ANNOUNCEMENTS
This study investigates human rights risks across the airport infrastructure value chain in the Indian context, applying a two-phased research design comprising a Systematic Literature Review (SLR) and semi-structured expert interviews. While global frameworks such as the UN Guiding Principles on Business and Human Rights emphasize corporate responsibility across value chains, sector-specific methodologies for risk identification remain limited. This research develops an eight-stage airport value chain ranging from raw material sourcing to end-of-life waste management, based on 45 peer-reviewed and grey literature sources. Each stage is mapped with key operational activities, associated stakeholder groups, and potential human rights risks.
In Phase 2, thirty-one experts from regulatory, operational, and advocacy domains validated and enriched the findings. Thematic coding across four dimensions (activities, stakeholders, rights, and control) revealed critical insights. High-risk areas include subcontracted construction labour, informal waste handling, and frontline passenger services marked by gendered labour and wage concerns. The analysis also identifies a mismatch between visibility and risk. Highly visible functions such as terminal services are often less controlled, while opaque stages such as raw material sourcing carry hidden risks.

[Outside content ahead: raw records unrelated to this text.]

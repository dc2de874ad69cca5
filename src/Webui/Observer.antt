-- ===== src/Webui/Observer.antt =====
-- internal/webui/observer.go: what a payload adds to the hub.
pub mod Keeps
pub mod Invariant
pub mod Once
pub mod Events
use go_meshtastic_serial2tcp.Prelude.{
  ℕ, Bool, true, false, ◌&&◌, Option, none, some, [], ◌∷◌, ◌++◌, if◌then◌else◌, is_nil,
}
use go_meshtastic_serial2tcp.Prelude.Keys.{Text}
use go_meshtastic_serial2tcp.Prelude.Text.{bytes}
use go_meshtastic_serial2tcp.Meshtastic.{
  Codec, Data, MeshPacket, Channel, FromRadio, ToRadio, decoded_of,
}
use go_meshtastic_serial2tcp.Meshtastic.Printer.{Printer}
use go_meshtastic_serial2tcp.Webui.Hub.{Hub, Event, name_of, record_event, update_channel}
use go_meshtastic_serial2tcp.Webui.Labels.{marshal_proto_json, from_radio_variant, to_radio_variant}
use go_meshtastic_serial2tcp.Webui.Nodes.{
  set_local_node_num, update_node_from_info, touch_node_activity, node_info_summary,
}
use go_meshtastic_serial2tcp.Webui.Protos.{Range, cache_packet_proto}
use go_meshtastic_serial2tcp.Webui.Packets.{
  to_int32, is_text_port, is_utf8, try_record_chat_from_packet,
}

-- What a call finds: the time, the order of `range` over the cache of packets, and what
-- LocalNodeNum of the radio returns. That is 0 also where there is no radio provider; `none` is a
-- provider that returns a nil broker, whose LocalNodeNum panics.
pub record Ambient : Type 0 where
  pub now : ℕ
  pub range : Range
  pub local : Option ℕ

-- Event{}, with what every observed frame sets
abbrev pub new_event : Text → Text → Text → Text → Event
new_event dir addr variant json = record {
  time = 0;
  direction = dir;
  addr = addr;
  variant = variant;
  category = [];
  channel_index = none;
  channel_name = [];
  summary = [];
  json = json;
}

abbrev pub in_category : Text → Event → Event
in_category c ev = record ev { category = c }

abbrev pub with_summary : Text → Event → Event
with_summary s ev = record ev { summary = s }

abbrev pub channel_of : Option Text → Text
channel_of none = []
channel_of (some name) = name

module _ (q : Printer) where
  unfoldable pub packet_summary : Data → Text
  packet_summary d =
      if is_nil d.payload
      then q.port_name d.portnum
      else if is_text_port d.portnum && is_utf8 d.payload
      then q.port_name d.portnum ++ (bytes ": " ++ d.payload)
      else q.port_name d.portnum

  -- enrichPacketEvent: the event, and the hub
  abbrev pub packet_event : Hub → Event → Option MeshPacket → Event
  packet_event h ev none = ev
  packet_event h ev (some pkt) = record ev {
    channel_index = some (to_int32 pkt.channel);
    channel_name = name_of h (to_int32 pkt.channel) ev.channel_name;
    summary = elim (decoded_of pkt.payload_variant) [
      | none ↦ ev.summary
      | some d ↦ packet_summary d
    ];
  }

  abbrev pub touch_sender : ℕ → Hub → Option MeshPacket → Hub
  touch_sender now h none = h
  touch_sender now h (some pkt) = touch_node_activity now h pkt.from pkt.rx_snr now

  -- tryRecordChatPacket
  unfoldable pub try_record_chat_packet : Ambient → Hub → Option MeshPacket → Option Hub
  try_record_chat_packet a h none = some h
  try_record_chat_packet a h (some pkt) = elim a.local [
    | none ↦ none
    | some local ↦ some (try_record_chat_from_packet q a.now h (some pkt) local)
  ]

  abbrev pub then_record : Ambient → Event → Option Hub → Option Hub
  then_record a ev none = none
  then_record a ev (some h) = some (record_event a.now h ev)

  -- The case of a packet, of both directions.
  unfoldable pub observe_packet : Ambient → Hub → Event → Option MeshPacket → Option Hub
  unfolding try_record_chat_packet
  observe_packet a h ev pkt =
      then_record a (packet_event h (in_category (bytes "packet") ev) pkt)
        (try_record_chat_packet a (cache_packet_proto q a.range (touch_sender a.now h pkt) pkt) pkt)

  abbrev pub observe_channel : Ambient → Hub → Event → Channel → Option Hub
  observe_channel a h ev ch = some (
      record_event a.now
        (update_channel a.now h ch.index (channel_of ch.settings) (q.channel_role ch.role))
        (record ev {
          category = bytes "channel";
          channel_index = some ch.index;
          channel_name = channel_of ch.settings;
          summary = bytes "channel definition";
        }))

  abbrev pub observe_other : Ambient → Hub → Event → Text → Option Hub
  observe_other a h ev category = some (record_event a.now h (in_category category ev))

  -- observeFromRadio, from the switch on
  unfoldable pub observe_variant : Ambient → Hub → Event → FromRadio → Option Hub
  unfolding observe_packet
  observe_variant a h ev (FromRadio.channel (some ch)) = observe_channel a h ev ch
  observe_variant a h ev (FromRadio.channel none) = observe_other a h ev []
  observe_variant a h ev (FromRadio.packet pkt) = observe_packet a h ev pkt
  observe_variant a h ev (FromRadio.node_info (some info)) =
      observe_other a (update_node_from_info q a.now h (some info))
        (with_summary (node_info_summary (some info)) ev) (bytes "config")
  observe_variant a h ev (FromRadio.node_info none) = observe_other a h ev []
  observe_variant a h ev (FromRadio.my_info (some num)) =
      observe_other a (set_local_node_num a.now h num) (with_summary (bytes "MyInfo") ev)
        (bytes "config")
  observe_variant a h ev (FromRadio.my_info none) = observe_other a h ev []
  observe_variant a h ev (FromRadio.config c) = observe_other a h ev (bytes "config")
  observe_variant a h ev (FromRadio.module_config c) = observe_other a h ev (bytes "config")
  observe_variant a h ev (FromRadio.config_complete_id id) = observe_other a h ev (bytes "config")
  observe_variant a h ev FromRadio.metadata = observe_other a h ev (bytes "config")
  observe_variant a h ev FromRadio.deviceui_config = observe_other a h ev (bytes "config")
  observe_variant a h ev FromRadio.log_record = observe_other a h ev (bytes "debug")
  observe_variant a h ev (FromRadio.rebooted b) = observe_other a h ev (bytes "debug")
  observe_variant a h ev FromRadio.queue_status = observe_other a h ev (bytes "debug")
  observe_variant a h ev FromRadio.xmodem_packet = observe_other a h ev (bytes "debug")
  observe_variant a h ev FromRadio.mqtt_client_proxy_message = observe_other a h ev (bytes "debug")
  observe_variant a h ev FromRadio.file_info = observe_other a h ev (bytes "debug")
  observe_variant a h ev FromRadio.client_notification = observe_other a h ev (bytes "debug")
  observe_variant a h ev FromRadio.lockdown_status = observe_other a h ev (bytes "debug")
  observe_variant a h ev FromRadio.no_variant = observe_other a h ev (bytes "debug")

  abbrev pub radio_event : Text → Text → FromRadio → Event
  radio_event dir addr frame =
      new_event dir addr (from_radio_variant frame)
        (marshal_proto_json (q.json_of_from_radio frame))

  abbrev pub request_event : Text → Text → ToRadio → Event
  request_event dir addr frame =
      new_event dir addr (to_radio_variant frame) (marshal_proto_json (q.json_of_to_radio frame))

  unfoldable pub observe_from_radio : Ambient → Hub → Text → Text → FromRadio → Option Hub
  unfolding observe_variant
  observe_from_radio a h dir addr frame = observe_variant a h (radio_event dir addr frame) frame

  -- observeToRadio, from the switch on
  unfoldable pub observe_request : Ambient → Hub → Event → ToRadio → Option Hub
  unfolding observe_packet
  observe_request a h ev (ToRadio.packet pkt) = observe_packet a h ev pkt
  observe_request a h ev (ToRadio.want_config_id id) =
      observe_other a h (with_summary (bytes "WantConfigId") ev) (bytes "config")
  observe_request a h ev (ToRadio.disconnect b) = observe_other a h ev (bytes "debug")
  observe_request a h ev (ToRadio.xmodem_packet x) = observe_other a h ev (bytes "debug")
  observe_request a h ev (ToRadio.mqtt_client_proxy_message x) =
      observe_other a h ev (bytes "debug")
  observe_request a h ev (ToRadio.heartbeat x) = observe_other a h ev (bytes "debug")
  observe_request a h ev ToRadio.no_variant = observe_other a h ev (bytes "debug")

  unfoldable pub observe_to_radio : Ambient → Hub → Text → Text → ToRadio → Option Hub
  unfolding observe_request
  observe_to_radio a h dir addr frame = observe_request a h (request_event dir addr frame) frame

  -- ObservePayload; `none` is a panic.
  unfoldable pub observe_payload : Codec → Ambient → Hub → Text → Text → Text → Bool → Option Hub
  observe_payload p a h dir addr [] from_radio = some h
  observe_payload p a h dir addr (c ∷ payload) true = elim (p.unmarshal_from_radio (c ∷ payload)) [
    | none ↦ some h
    | some frame ↦ observe_from_radio a h dir addr frame
  ]
  observe_payload p a h dir addr (c ∷ payload) false = elim (p.unmarshal_to_radio (c ∷ payload)) [
    | none ↦ some h
    | some frame ↦ observe_to_radio a h dir addr frame
  ]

Triangulation between literature and interviews enables the construction of a prioritised risk matrix that highlights zones of low control and high exposure. The study proposes operational and policy-level interventions including social tiering in ESG disclosures, integration of rights checkpoints into standard operating procedures, and a comprehensive due diligence logic model tailored for airport operators. The findings contribute to both academic understanding and practical governance of human rights in complex infrastructure ecosystems.
Keywords: Human rights due diligence, airport value chain, ESG risks, stakeholder mapping, infrastructure governance.